Member of Parliament for Hereford
- In office 11 February 1662 – 28 May 1672 Serving with Herbert Westfaling
- Preceded by: Sir Henry Lingen Herbert Westfaling
- Succeeded by: Herbert Westfaling The Viscount Scudamore

Personal details
- Born: c. 1641
- Died: 28 May 1672 (aged 30–31)
- Spouse: Anne Tomkins ​ ​(m. 1657)​
- Relations: Henry Cornewall (half-brother) Walter Pye (grandfather)
- Children: 1
- Parent(s): Frances Pye Henry Vaughan

= Roger Vaughan (Hereford MP) =

English politician (c.1641–1672)

Roger Vaughan JP DL (c. 1641 – 28 May 1672) was an English politician and courtier who was a Member of Parliament for Hereford.

==Early life==
Vaughan was born c. 1641. He was the only son of Frances ( Pye) Vaughan (1621–1701) (a daughter of Sir Walter Pye) and Henry Vaughan, of Bredwardine, which his ancestors had held since at least the middle of the 15th century.
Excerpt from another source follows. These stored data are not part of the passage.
-- ===== src/Car/Tests.antt =====
-- Runs of the model of the dashboard's serial link (MyCarUI).
mod Shelf
mod History
use learningproject.Common.{
  ℕ, ◌≡◌, refl, true, false, List, [], ◌∷◌, ◌++◌, some, arith, inl, inr, replicate,
}
use learningproject.Car.Frame.{calculate_checksum, checksum_from, byte_at}
use learningproject.Car.Frame.Reference.{starts, scan, decode}
use learningproject.Car.Frame.Sending.{Message, transmitted, frame}
use learningproject.Car.Worker.{WeatherInfo, CarInfo, SerialWorker, Readings, request_packet}
use learningproject.Car.Worker.Feeding.{feed, joined, after, sent, feed_lem}
use learningproject.Car.Worker.Delivery.{AllReports, expected, feed-expected}
use learningproject.Car.Handler.{SerialHandler}
use learningproject.Car.Handler.Mirror.{
  Event, ready_read, start, stop, timeout, run, Mirrors, run-Mirrors,
}

abbrev no_weather : WeatherInfo
no_weather = record {
  weather = 0;
  perceived_temperature = 0;
  humidity = 0;
  morning_temperature = 0;
  evening_temperature = 0;
}

abbrev no_car : CarInfo
no_car = record {
  speed = 0;
  rotational_speed = 0;
  fuel_capacity = 0;
  battery_capacity = 0;
  reverse_state = 0;
  temperature = 0;
}

abbrev nothing_read : Readings
nothing_read = record {
  weather = no_weather;
  car = no_car;
  weather_received = false;
  last_reverse_state = false;
}

abbrev worker : SerialWorker
worker = record { serial = some true; requesting = true; buffer = []; readings = nothing_read }

abbrev handler : SerialHandler
handler = record {
  is_connected = true;
  weather_received = false;
  is_reversing = false;
  weather = no_weather;
  car = no_car;
}

-- a car that goes backwards at speed 5
abbrev car_bytes : List ℕ
car_bytes = 5 ∷ 0 ∷ 0 ∷ 0 ∷ (replicate 12 0 ++ 1 ∷ 20 ∷ 0 ∷ 0 ∷ 0 ∷ [])

abbrev weather_bytes : List ℕ
weather_bytes = b'S' ∷ 25 ∷ (replicate 15 0)

abbrev reports : List Message
reports =
    record { noise = 1 ∷ 0x55 ∷ []; kind = 2; content = car_bytes }
    ∷ record { noise = []; kind = 1; content = weather_bytes }
    ∷ []

abbrev pieces : List (List ℕ)
pieces =
    (1 ∷ 0x55 ∷ 0xAA ∷ [])
    ∷ (0x55 ∷ 2 ∷ 21 ∷ (car_bytes ++ calculate_checksum 2 21 car_bytes ∷ 0xEE ∷ []))
    ∷ frame 1 weather_bytes
    ∷ []

-- The packet that asks for the weather has the right check byte.
request-decode : decode 0 request_packet ≡ request_packet ∷ []
unfolding decode scan starts byte_at calculate_checksum checksum_from
request-decode = refl

feed_lem_example :
    let ps = decode 0 ([] ++ joined pieces) in
    (left : List ℕ) × (feed pieces worker ≡ some (after ps left worker, sent ps worker))
    × (decode 0 left ≡ [])
unfolding decode
feed_lem_example = feed_lem pieces worker true refl refl

reports-AllReports : AllReports reports
reports-AllReports = (inr (refl, refl), (inl (refl, refl), tt))

pieces-joined : joined pieces ≡ transmitted reports
unfolding transmitted
pieces-joined = refl

feed-expected_example :
    (w' : SerialWorker) × (feed pieces worker ≡ some (w', expected false reports))
feed-expected_example =
    feed-expected pieces reports worker true refl refl (ground arith) reports-AllReports
      pieces-joined

worker-Mirrors : Mirrors worker handler
worker-Mirrors = record {
  shows = record { weather = refl; car = refl; reversing = refl };
  linked = refl;
}

abbrev events : List Event
events = ready_read (frame 2 car_bytes) ∷ timeout ∷ start false ∷ stop ∷ start true ∷ []

run-Mirrors_example :
    (w' : SerialWorker) × (h' : SerialHandler) × (run events worker handler ≡ some (w', h'))
    × Mirrors w' h'
run-Mirrors_example = run-Mirrors events worker handler worker-Mirrors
His father sat on the Herefordshire committee during the Civil War until his death in 1644. From his mother's second marriage to Edward Cornewall of Moccas Court, he had a younger half-brother, Henry Cornewall, MP for Weobley.

==Career==
Vaughan was a Justice of the Peace for Herefordshire from July 1660 until his death. He was a Commissioner for Assessment from August 1660 to 1669 before becoming a Deputy Lieutenant in 1669. He was also a Receiver of Hearth Tax from 1670 until his death.

He was Captain of Foot Admiralty Regiment from 1667 until his death. He served as groom of the bedchamber to the Duke of York (later King James II) from 1669 to 1671 and a gentleman of the privy chamber from 1671 until his death in 1672.

He was returned for Hereford at a by-election in 1662, taking the seat of his late uncle, Sir Henry Lingen.

Vaughan was not an active Member of the Cavalier Parliament, was known to have been appointed to only thirteen committees, and made no recorded speeches. His primary interests lay outside Parliament and he was included in lists of court supporters from 1669 to 1671. On the outbreak of the third Dutch war, Vaughan rejoined the fleet and was killed at the Battle of Solebay.

==Personal life==
In 1657, he married his cousin Anne Tomkins, a daughter of Mary ( Pye) Tomkins and Sir Thomas Tomkins of Monnington on Wye. The marriage brought him Garnstone Manor, Weobley, as a dowry, which Vaughan was compelled to sell it to John Birch in 1661 to satisfy debts. They were the parents of one son who died young.

Vaughan was killed at the Battle of Solebay on 28 May 1672. "He left no heir, and died heavily in debt both to the crown and to private creditors. His half-brother Henry Cornewall took over the estate and paid off the debts."